Activity ->
Beginning with the line that contains "raw_of-pack d = rw" in the material below, print each line exactly until the line that contains "-- applied, at" has been printed, then stop.

Material supplied ->
++++
-- ===== src/Documents/Read.antt =====
-- `getYState` of api/src/documents/documents.service.ts: the in-process cache, Redis, the database.
use realtime_collaborative_e.Base.{
  ℕ, String, ◌&&◌, not, Option, none, some, ◌===◌, if◌then◌else◌, Result, ok, err,
}
use realtime_collaborative_e.Cache
use realtime_collaborative_e.Documents.{
  World, State, Content, YState, Error, corrupt_state, state_get, integrity_mismatch, log, y_state,
  state_key, cache_state,
}

module _ (w : World) where
  open w use {yjs, config}
  open yjs use {Bytes, empty, gunzip, to_base64, sha256}

  abbrev pub check_integrity : State w → Content Bytes → Bytes → State w
  check_integrity s rec raw =
      if not (rec.checksum === "") && not (sha256 raw === rec.checksum)
      then log w s integrity_mismatch
      else s

  -- The state from the database. The counters of hits and misses are left out.
  unfoldable pub read_content :
      State w → ℕ → String → Option (Content Bytes) → State w × Result Error YState
  read_content s now id none = (cache_state w s now id (y_state w empty), ok (y_state w empty))
  read_content s now id (some rec) = elim (gunzip rec.state) [
    | none ↦ (s, err corrupt_state)
    | some raw ↦
        let out : YState = record { update = to_base64 raw; vector = to_base64 rec.vector } in
        (cache_state w (log w (check_integrity s rec raw) state_get) now id out, ok out)
  ]

  unfoldable pub read_redis : State w → ℕ → String → Option YState → State w × Result Error YState
  unfolding read_content
  read_redis s now id (some out) =
      (record s { memory = Cache.set s.memory now (state_key w id) out config.mem_ttl }, ok out)
  read_redis s now id none = read_content s now id (w.contents.find s.contents id)

  unfoldable pub get_y_state : State w → ℕ → String → State w × Result Error YState
  unfolding read_redis
  get_y_state s now id =
      let (memory, hit) = Cache.get s.memory now (state_key w id) in
      let s' = record s { memory = memory } in
      elim hit [
        | some out ↦ (s', ok out)
        | none ↦ read_redis s' now id (w.states.get s.states now (state_key w id))
      ]
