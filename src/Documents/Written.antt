-- ===== src/Documents/Written.antt =====
-- What a successful write leaves behind.
use realtime_collaborative_e.Base.{
  ℕ, ◌≤◌, String, ◌≡◌, refl, sym, ap, subst, ◌∙◌, false, some, arith, eq_refl, Option-cases, inl,
  inr, ok, ◌*◌,
}
use realtime_collaborative_e.Base.Map
use realtime_collaborative_e.Cache
use realtime_collaborative_e.Cache.{Entry}
use realtime_collaborative_e.Cache.Lookup.{set-Within, get-some}
use realtime_collaborative_e.Documents.{
  World, State, YState, load, decode, pack, y_state, state_key, cache_state,
}
use realtime_collaborative_e.Documents.Apply.{compact, publish, commit, apply_y_update, note_size}
use realtime_collaborative_e.Documents.Read.{get_y_state, read_redis, read_content}
use realtime_collaborative_e.Documents.Rebuild.{validate_and_repair, raw_of}
use realtime_collaborative_e.Documents.Sync.{
  written, settled, commit-ok, publish-SameTables, take_snapshot-SameTables, apply_some, apply_none,
  err-ne-ok,
}

module _ (w : World) where
  open w use {yjs, config}
  open yjs use {
    Bytes, YDoc, empty, apply, encode, gunzip, gzip, apply-encode, gunzip-gzip, sha256, from_base64,
    to_base64, byte_length,
  }

  -- The content row that stands for the document `d`.
  abbrev pub Stored : State w → String → YDoc → Type 0
  Stored s id d = w.contents.find s.contents id ≡ some (pack w d)

  -- Both caches hold the state of `d` or nothing, from `now` on.
  pub record Coherent (s : State w) (id : String) (d : YDoc) (now : ℕ) : Type 0 where
    pub in_memory :
        (e : Entry YState)
        → Map.get s.memory.store (state_key w id) ≡ some e
        → e.value ≡ y_state w d
    pub in_redis :
        (at : ℕ) (v : YState)
        → now ≤ at
        → w.states.get s.states at (state_key w id) ≡ some v
        → v ≡ y_state w d

  written-Stored :
      (s : State w) (id : String) (d : YDoc) (u : Bytes) → Stored (written w s id d u).0 id d
  unfolding written
  written-Stored s id d u =
      ap (λ x. w.contents.find x id) (sym (take_snapshot-SameTables w _ id _ d).0)
      ∙ w.contents.find-upsert _ id id (pack w d)
      ∙ rw (eq_refl id)

  compact-contents : (s : State w) (id : String) (n : ℕ) → (compact w s id n).contents ≡ s.contents
  unfolding compact
  compact-contents s id n = ground arith

  settled-Stored :
      (s : State w) (now : ℕ) (id token : String) (d : YDoc) (u : Bytes)
      → Stored (settled w s now id token d u) id d
  unfolding settled
  settled-Stored s now id token d u =
      ap (λ x. w.contents.find x id)
        (sym (publish-SameTables w _ now id d u).0
          ∙ compact-contents (written w s id d u).0 id (written w s id d u).1)
      ∙ written-Stored s id d u

  pub commit-Stored :
      (s s' : State w) (now : ℕ) (id token : String) (d : YDoc) (u : Bytes)
      → commit w s now id token d u ≡ (s', ok tt)
      → Stored s' id d
  commit-Stored s s' now id token d u e =
      let (t, locks, same) = commit-ok w s s' now id token d u e in
      subst (λ x. Stored x id d) (sym same) (settled-Stored _ now id t d u)

  cache_state-Coherent :
      (s : State w) (now : ℕ) (id : String) (d : YDoc)
      → Coherent (cache_state w s now id (y_state w d)) id d now
  cache_state-Coherent s now id d = record {
    in_memory = λ e p. ground (
      arith,
      set-Within s.memory (Map.get s.memory.store) now (state_key w id) (y_state w d) config.mem_ttl
          (λ k x q. q) (state_key w id) e p,
      eq_refl (state_key w id),
    );
    in_redis = λ at v h p. ground (
      arith,
      w.states.get-set_ex s.states now at (state_key w id) (state_key w id) (y_state w d)
          (config.redis_ttl * 1000) h,
      eq_refl (state_key w id),
    );
  }

  commit-Coherent :
      (s s' : State w) (now : ℕ) (id token : String) (d : YDoc) (u : Bytes)
      → commit w s now id token d u ≡ (s', ok tt)
      → Coherent s' id d now
  unfolding settled publish
  commit-Coherent s s' now id token d u e =
      let (t, locks, same) = commit-ok w s s' now id token d u e in
      subst (λ x. Coherent x id d now) (sym same) (cache_state-Coherent _ now id d)

  apply_y_update-commit :
      (s s' : State w) (now : ℕ) (id token update_b64 : String)
      → apply_y_update w s now id token update_b64 ≡ (s', ok tt)
      → (d' : YDoc) × (apply
            (load w (w.contents.find s.contents id))
            (decode w (from_base64 update_b64))
          ≡ some d')
        × (commit w
              (note_size w s now id (byte_length (encode d')))
              now
              id
              token
              d'
              (decode w (from_base64 update_b64))
            ≡ (s', ok tt))
  apply_y_update-commit s s' now id token update_b64 e =
      let d = load w (w.contents.find s.contents id) in
      elim (Option-cases (apply d (decode w (from_base64 update_b64)))) [
        | inl a ↦ absurd (err-ne-ok (sym (apply_none w s now id token update_b64 d refl a) ∙ e))
        | inr (d', a) ↦ (d', a, sym (apply_some w s now id token update_b64 d d' refl a) ∙ e)
      ]

  read_redis-Coherent :
      (s : State w) (at : ℕ) (id : String) (d : YDoc)
      → Stored s id d
      → ((v : YState) → w.states.get s.states at (state_key w id) ≡ some v → v ≡ y_state w d)
      → (read_redis w s at id (w.states.get s.states at (state_key w id))).1 ≡ ok (y_state w d)
  unfolding read_redis read_content
  read_redis-Coherent s at id d c h =
      elim (Option-cases (w.states.get s.states at (state_key w id))) [
        | inr (out, e) ↦ rw e (ap ok (h out e))
        | inl e ↦ rw (e, c, read_redis, read_content, gunzip-gzip (encode d))
      ]

  pub get_y_state-Coherent :
      (s : State w) (now at : ℕ) (id : String) (d : YDoc)
      → Stored s id d
      → Coherent s id d now
      → now ≤ at
      → (get_y_state w s at id).1 ≡ ok (y_state w d)
  unfolding get_y_state
  get_y_state-Coherent s now at id d c h a =
      elim (Option-cases (Cache.get s.memory at (state_key w id)).1) [
        | inl g ↦
            rw (g, get_y_state)
              (read_redis-Coherent
                (record s { memory = (Cache.get s.memory at (state_key w id)).0 }) at id d c
                (λ v e. h.in_redis at v a e))
        | inr (out, g) ↦
            let (e, found, v, live) = get-some s.memory at (state_key w id) out g in
            rw (g, get_y_state) (ap ok (sym v ∙ h.in_memory e found))
      ]

  raw_of-pack : (d : YDoc) → raw_of w (pack w d) ≡ encode d
  raw_of-pack d = rw (gunzip-gzip (encode d), raw_of)

  -- After an update has been written, a reader gets the state of the document with the update
  -- applied, at whatever later time, whether a cache still holds it or not; and the content passes
  -- its integrity check, so that a repair leaves it alone.
  pub apply_y_update-get_y_state :
      (s s' : State w) (now at fuel : ℕ) (id token update_b64 : String)
      → apply_y_update w s now id token update_b64 ≡ (s', ok tt)
      → now ≤ at
      → (d' : YDoc) × (apply
            (load w (w.contents.find s.contents id))
            (decode w (from_base64 update_b64))
          ≡ some d')
        × ((get_y_state w s' at id).1 ≡ ok (y_state w d'))
        × (validate_and_repair w fuel s' at id ≡ some (s', false))
  unfolding validate_and_repair
  apply_y_update-get_y_state s s' now at fuel id token update_b64 e later =
      let (d', a, c) = apply_y_update-commit s s' now id token update_b64 e in
      let stored = commit-Stored _ s' now id token d' _ c in
      (
        d',
        a,
        get_y_state-Coherent s' now at id d' stored (commit-Coherent _ s' now id token d' _ c)
            later,
        rw (
          stored,
          validate_and_repair,
          raw_of-pack d',
          yjs.sha256-ne-empty (encode d'),
          eq_refl (sha256 (encode d')),
        ),
      )
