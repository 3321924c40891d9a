-- ===== src/Documents/Lost.antt =====
-- What two writers, or a rebuild, lose.
use realtime_collaborative_e.Base.{
  ℕ, ◌<◌, String, ◌≡◌, refl, sym, ap, subst, ◌∙◌, Bool, not, some, List, [], ◌∷◌, leb, ◌===◌, arith,
  eq_refl, filter, length, Option-cases, inl, inr, ok, ◌&&◌,
}
use realtime_collaborative_e.Platform.{Ascends}
use realtime_collaborative_e.Documents.{
  World, State, load, decode, pack, compact_up_to, snapshot_regenerated, log,
}
use realtime_collaborative_e.Documents.Apply.{commit, prepare}
use realtime_collaborative_e.Documents.Rebuild.{rebuild, process_snapshot, store_rebuilt}
use realtime_collaborative_e.Documents.Sync.{
  load-content, prepare-some, prepare-none, note_size-SameTables,
}
use realtime_collaborative_e.Documents.Sync.Replay.{rows_of, seq_of, Runs, rebuild_loop-Runs}
use realtime_collaborative_e.Documents.Written.{Stored, commit-Stored}

filter_left :
    {A : Type 0} (p q : A → Bool) (xs : List A)
    → filter p (filter (λ x. not (p x && q x)) xs) ≡ filter (λ x. not (q x)) (filter p xs)
filter_left p q [] = refl
filter_left p q (x ∷ xs) = ground (arith, filter_left p q xs)

module _ (w : World) where
  open w use {yjs, config}
  open yjs use {
    Bytes, YDoc, empty, apply, encode, gunzip, gzip, apply-encode, gunzip-gzip, sha256, from_base64,
    to_base64, byte_length,
  }

  prepare-ok :
      (s s' : State w) (now : ℕ) (id b64 : String) (d : YDoc) (u : Bytes)
      → prepare w s now id b64 ≡ (s', ok (d, u))
      → (apply (load w (w.contents.find s.contents id)) (decode w (from_base64 b64)) ≡ some d)
        × (s.contents ≡ s'.contents)
  prepare-ok s s' now id b64 d u h =
      let before = load w (w.contents.find s.contents id) in
      elim (Option-cases (apply before (decode w (from_base64 b64)))) [
        | inl a ↦ cc (prepare-none w s now id b64 before refl a, h)
        | inr (d', a) ↦
            let e = sym (prepare-some w s now id b64 before d' refl a) ∙ h in
            (
              cc (a, e),
              (note_size-SameTables w s now id (byte_length (encode d'))).0
                  ∙ ap (λ p. p.0.contents) e,
            )
      ]

  -- A defect: `applyYUpdate` reads the stored document before it takes the lock. When two writers
  -- both read before either writes, and the lock then serialises their writes, the stored document
  -- is the one that the second made from what it read: the first one's update is not in it, although
  -- both writers were told that they succeeded.
  pub interleaved_loses :
      (s s₁ s₂ s₃ s₄ : State w) (now : ℕ) (id token token' a_b64 b_b64 : String) (d da db : YDoc)
      (ua ub : Bytes)
      → Stored w s id d
      → prepare w s now id a_b64 ≡ (s₁, ok (da, ua))
      → prepare w s₁ now id b_b64 ≡ (s₂, ok (db, ub))
      → commit w s₂ now id token da ua ≡ (s₃, ok tt)
      → commit w s₃ now id token' db ub ≡ (s₄, ok tt)
      → Stored w s₄ id db × (apply d (decode w (from_base64 b_b64)) ≡ some db)
  interleaved_loses s s₁ s₂ s₃ s₄ now id token token' a_b64 b_b64 d da db ua ub st pa pb ca cb =
      let (_, same) = prepare-ok s s₁ now id a_b64 da ua pa in
      let (applied, _) = prepare-ok s₁ s₂ now id b_b64 db ub pb in
      let loaded : load w (w.contents.find s₁.contents id) ≡ d =
        ap (λ x. load w (w.contents.find x id)) (sym same) ∙ load-content w s id d st in
      (
        commit-Stored w s₃ s₄ now id token' db ub cb,
        subst (λ x. apply x (decode w (from_base64 b_b64)) ≡ some db) loaded applied,
      )

  -- The rows of a document that a compaction leaves.
  rows_of-compact :
      (s : State w) (id : String) (cut : ℕ)
      → rows_of w (compact_up_to w s id cut) id ≡ filter (λ r. not (leb r.seq cut)) (rows_of w s id)
  rows_of-compact s id cut =
      ap (filter (λ r. r.document_id === id)) (w.updates.rows-delete_many s.updates _)
      ∙ filter_left (λ r. r.document_id === id) (λ r. leb r.seq cut) (w.updates.rows s.updates)

  -- A defect: a rebuild starts from a new document. After the compaction has deleted the rows up to
  -- `cut`, the regenerated content is the replay of the rows that are left, whatever the content
  -- was: the deleted updates are lost.
  pub process_snapshot-compacted :
      (s : State w) (id : String) (cut fuel : ℕ) (e : YDoc)
      → Ascends (seq_of w) 0 (filter (λ r. not (leb r.seq cut)) (rows_of w s id))
      → Runs w empty (filter (λ r. not (leb r.seq cut)) (rows_of w s id)) e
      → length (filter (λ r. not (leb r.seq cut)) (rows_of w s id)) < fuel
      → (s' : State w) × (process_snapshot w fuel (compact_up_to w s id cut) id ≡ some s')
        × Stored w s' id e
  unfolding process_snapshot rebuild
  process_snapshot-compacted s id cut fuel e up runs room =
      let t : State w = compact_up_to w s id cut in
      let left = rows_of-compact s id cut in
      let done =
        rebuild_loop-Runs w t id 1000 fuel [] (rows_of w t id) empty e 0 (omega arith) refl tt
          (subst (λ x. Ascends (seq_of w) 0 x) (sym left) up)
          (subst (λ x. Runs w empty x e) (sym left) runs)
          (subst (λ x. length x < fuel) (sym left) room) in
      (
        log w (store_rebuilt w t id e) snapshot_regenerated,
        rw (done, process_snapshot),
        w.contents.find-upsert s.contents id id (pack w e) ∙ rw (eq_refl id),
      )
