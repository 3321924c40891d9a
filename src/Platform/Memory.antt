-- ===== src/Platform/Memory.antt =====
-- Values in memory that meet the interfaces of `Platform`: a document is the text of all that was
-- applied to it, a compressed text carries a mark, and a collection is the list of its rows.
use Prim.Native.Char.{Char, code}
use Prim.Native.String
use text.Mathlib.TextLemmas.{nil-append}
use realtime_collaborative_e.Base.{
  String, ◌≡◌, refl, ap, false, not, Option, none, some, List, [], ◌∷◌, ◌++◌, ◌==◌, ◌===◌,
  if◌then◌else◌, filter, take, length, eq_iff, Bool-cases, inl, inr,
}
use realtime_collaborative_e.Platform.{Yjs, Collection, Table}

abbrev pub mark : Char → String → String
mark c s = String.◌∷◌ c s

abbrev pub unmark : String → Option String
unmark String.[] = none
unmark (String.◌∷◌ c s) = if code c == b'z' then some s else none

-- An update is a text behind its own mark; any other text is refused.
abbrev pub append_update : String → String → Option String
append_update d String.[] = none
append_update d (String.◌∷◌ c s) = if code c == b'd' then some (String.◌++◌ d s) else none

pub append_update-mark : (d : String) → append_update "" (mark "d" d) ≡ some d
append_update-mark d = ap some (nil-append d)

pub marked-ne-empty : (c : Char) (s : String) → (mark c s === "") ≡ false
marked-ne-empty c s = elim (Bool-cases (mark c s === "")) [
  | inl e ↦ cc ((eq_iff (mark c s) "").0 e)
  | inr e ↦ e
]

abbrev pub text_yjs : Yjs
text_yjs = record {
  Bytes = String;
  YDoc = String;
  empty = "";
  apply = append_update;
  encode = mark "d";
  vector = λ d. d;
  encode_since = λ d v. mark "d" d;
  byte_length = λ b. String.len b;
  gzip = mark "z";
  no_bytes = "";
  gunzip = unmark;
  to_base64 = λ b. b;
  from_base64 = λ s. s;
  sha256 = mark "#";
  apply-encode = append_update-mark;
  apply-encode_since = λ d e. refl;
  gunzip-gzip = λ b. refl;
  sha256-ne-empty = marked-ne-empty "#";
  from_base64-to_base64 = λ b. refl;
}

abbrev pub list_collection : (Row : Type 0) → Collection Row
list_collection Row = record {
  State = List Row;
  rows = λ s. s;
  create = λ s r. s ++ r ∷ [];
  delete_many = λ s p. filter (λ r. not (p r)) s;
  find_asc = λ s p key limit. take limit (filter p s);
  count = λ s p. length (filter p s);
  rows-create = λ s r. refl;
  rows-delete_many = λ s p. refl;
  count-length = λ s p. refl;
  find_asc-Ascends = λ s p key limit n h. refl;
}

abbrev pub function_table : (Row : Type 0) → Table Row
function_table Row = record {
  State = String → Option Row;
  find = λ s k. s k;
  upsert = λ s k r j. if k === j then some r else s j;
  find-upsert = λ s k j r. refl;
}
++++
Result of the exercise ->
  raw_of-pack d = rw (gunzip-gzip (encode d), raw_of)

  -- After an update has been written, a reader gets the state of the document with the update
  -- applied, at whatever later time, whether a cache still holds it or not; and the content passes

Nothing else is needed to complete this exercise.